- Hangul: 뜨거운 안녕
- RR: Tteugeoun annyeong
- MR: Ttŭgŏun annyŏng
- Directed by: Nam Taek-soo
- Written by: Nam Taek-soo Lee Nan-young
- Produced by: Jung Hye-young Choi Gi-seop Kim Hong-baek Min Jin-su Nam Taek-soo Kim Ji-seok
- Starring: Lee Hong-ki Baek Jin-hee Ma Dong-seok Im Won-hee Jeon Min-seo
- Cinematography: Ju Seong-rim
- Edited by: Kim Sun-min
- Music by: Lee Jin-hee
- Distributed by: 9ers Entertainment
- Release date: May 30, 2013;
- Running time: 100 minutes
- Country: South Korea
- Language: Korean
- Box office: US$221,232

= Rockin' on Heaven's Door =

Rockin' on Heaven's Door is a 2013 South Korean film directed by Nam Taek-soo, starring F.T. Island lead vocalist Lee Hong-ki as an idol star who learns to cope with his past and rediscovers music during community work at a hospice for terminally ill patients.

==Plot==
Chung-ui is a famous Korean pop star with a temper.
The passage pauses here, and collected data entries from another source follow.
-- ===== src/Tests/Get.antt =====
-- A binary that is downloaded, and the instance of the theorem about the get command.
use gobuild.Common.{
  ◌≡◌, refl, if◌then◌else◌, false, ok, err, arith, ◌⊎◌, true, false, none, some, [], codes,
  eq_bytes, Bytes,
}
use gobuild.Strings.{has_suffix, has_byte, trim_right, base, chop, parse_int}
use gobuild.Spec.{filename, to_text}
use gobuild.Spec.Parse.{parse_get_spec}
use gobuild.Record.{parse_record, parse_variant}
use gobuild.Get.{
  Remote, Options, contents, wanted_spec, checked_result, make_client, config_path, put_file, get,
  fetch, put_in_dst, download_result,
}
use gobuild.Get.Verified.{IsVerified, get-IsVerified}
use gobuild.Get.Client.{
  Configs, ClientOps, different_key, new_client, read_config, write_config, write_file, log_url,
}
use gobuild.Tests.Build.{unix}
use gobuild.Strings.{join}
use gobuild.Get.Client.{local_dir_of}
use gobuild.Get.Client.Pinned.{new_client-keeps_key}
use gobuild.Tests.Record.{sherpa_result, sherpa_record}

-- The file in which the client has the latest tree that it has seen.
abbrev latest_path : Bytes
latest_path = codes "/home/gobuild/sumclient/example.org/config/example.org/latest"

abbrev remote : Remote
remote = record {
  host_goos = codes "linux";
  host_goarch = codes "amd64";
  rules = unix.path;
  verifier_name = some (codes "example.org");
  cache_dir = some (codes "/home");
  cannot_read = λ q. false;
  cannot_write = λ q. false;
  lookup = λ ops key f. (put_file latest_path (some (codes "tree")) f, some sherpa_record);
  temp_file = some (codes "./sherpaclient.gobuildget1");
  http_get = λ url. contents (codes "binary");
  sum_of = λ buf. sherpa_result.sum;
  stat_fails = false;
  close_fails = false;
  rename_fails = false;
  remove_fails = false;
}

abbrev options : Options
options = record {
  sum = [];
  bin_dir = codes ".";
  target = [];
  goversion = codes "go1.14.1";
  download = true;
  stripped = true;
  verifier_key = codes "example.org+1";
  url = [];
}

abbrev arg : Bytes
arg = codes "github.com/mjl-/sherpa@v0.6.0/cmd/sherpaclient"

get-binary :
    ((get remote options arg (λ q. none)).0 (codes "./sherpaclient") ≡ some (codes "binary"))
    × ((get remote options arg (λ q. none)).0
          (codes "/home/gobuild/sumclient/example.org/config/key")
        ≡ some (codes "example.org+1"))
    × ((get remote options arg (λ q. none)).0 latest_path ≡ some (codes "tree"))
unfolding get wanted_spec make_client config_path checked_result parse_get_spec parse_record
    download_result fetch put_in_dst filename eq_bytes chop parse_int parse_variant to_text base
    join new_client read_config write_config write_file log_url has_suffix has_byte trim_right
get-binary = (refl, refl, refl)

get-IsVerified_example :
    ((get remote options arg (λ q. none)).0 (codes "./sherpaclient") ≡ none)
    ⊎ IsVerified remote options arg
        (λ q. none)
        (codes "./sherpaclient")
        ((get remote options arg (λ q. none)).0 (codes "./sherpaclient"))
unfolding config_path join eq_bytes
get-IsVerified_example =
    get-IsVerified remote options arg (λ q. none) (codes "./sherpaclient") (λ e. ground arith)
      (λ e. ground (arith, e)) (λ ops key f. refl)

abbrev no_configs : Configs
no_configs = record { files = λ q. none; read_fails = λ q. false; write_fails = λ q. false }

abbrev first_key : Bytes
first_key = codes "beta.gobuilds.org+1"

abbrev second_key : Bytes
second_key = codes "beta.gobuilds.org+2"

abbrev beta_ops : ClientOps
beta_ops = record {
  local_dir = codes "/home/gobuild/sumclient/beta.gobuilds.org";
  base_url = codes "https://beta.gobuilds.org/tlog";
}

abbrev after_client : Configs
after_client =
    (new_client unix.path no_configs first_key (some (codes "beta.gobuilds.org"))
      (some (codes "/home")) []).0

new_client-first :
    (new_client unix.path no_configs first_key
      (some (codes "beta.gobuilds.org"))
      (some (codes "/home"))
      []).1
    ≡ ok beta_ops
unfolding new_client read_config write_config write_file log_url has_suffix has_byte trim_right
    eq_bytes join
new_client-first = refl

new_client-keeps_key_example :
    (new_client unix.path after_client second_key
      (some (codes "beta.gobuilds.org"))
      (some (codes "/home"))
      []).1
    ≡ (if eq_bytes second_key first_key
        then ok (record {
          local_dir = local_dir_of unix.path (codes "/home") (codes "beta.gobuilds.org");
          base_url = log_url (codes "beta.gobuilds.org") [];
        })
        else err (different_key first_key))
new_client-keeps_key_example =
    new_client-keeps_key unix.path no_configs first_key (codes "beta.gobuilds.org") (codes "/home")
      [] second_key [] beta_ops new_client-first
After he beats up a man at a night club, he is sentenced to do community service at a hospice for terminally ill patients. The reluctant young man first hates his chores and dislikes the people around him, but as he gets to know their stories, he becomes attached to them. The hospice struggles with funding, leading to a possible close-down, so the hospice in-house band, The Phoenix Band decides to apply to a talent show on television. For this, they need an original song, so they ask Chung-ui to help them. The singer refuses at first, then tries to use the opportunity to reduce his sentence days. He ends up seriously changing his mind about music, his behavior and grows to accept his mother's death, while helping the patients achieve their dreams. Even after the death of the band members, he continues to revive The Phoenix Band each time, assisting new patients.

==Cast==
- Lee Hong-gi as Chung-ui
- Baek Jin-hee as Anna
- Ma Dong-seok as Mu-seong
- Im Won-hee as Bong-shik
- Jeon Min-seo as Ha-eun
- Shim Yi-young as Power Mom
- Lee Min-ah as Ha-eun's mother
- Jeon Soo-kyung as Hospice director nun
- Choi Kwon as Gwang-sam
- No Kang-min as Him-chan
- Bae Ho-geun as Cheol-soo
- Lee Jae-goo as Chung-ui's father
- Kwak Ja-hyeong as Ha-eun's father
- Jeong Joo-ri as Nurse Jeong
- Kim Yoo-in as Nurse Kim
- Kim Kwang-hyeon as producer in preliminary exhibition room
- Kim Hyeon-ah as Chung-ui's mother
- Yoo Chang-sook as Young-sik's dying mother
- Cha Jong-ho as Young-sik
- Shin An-jin as creditor 1
- Baek Ik-nam as creditor 2
- Kim Soo-bok as bathing grandfather
- Hyeon Seong as agency boss
- Yoo Jae-myung as intensive care unit doctor

==Soundtrack==

| No. | Title | Artist | Length |
|---|---|---|---|
| 1. | "Jump" | Lee Hong-ki |  |
| 2. | "Goodbye" | Lee Hong-ki |  |
| 3. | "뜨거운 안녕" (Passionate Goodbye) | Various Artists |  |
| 4. | "편지" (Letter) | Various Artists |  |
| 5. | "평온한 호스피스 병동" (Happy Hospice) | Various Artists |  |
| 6. | "회상" (Remember) | Various Artists |  |

==Release==
Rockin' on Heaven's Door was released in South Korea on May 30, 2013. It received 46,310 admissions during its theatrical run and grossed a total of .

Prior to its domestic release, the film was also sold to Japan, Hong Kong, Singapore, Malaysia, Brunei, and Indonesia. It opened in Japan (with the title Phoenix, Song of Promise) on June 7, 2013, and Singapore on August 22, 2013.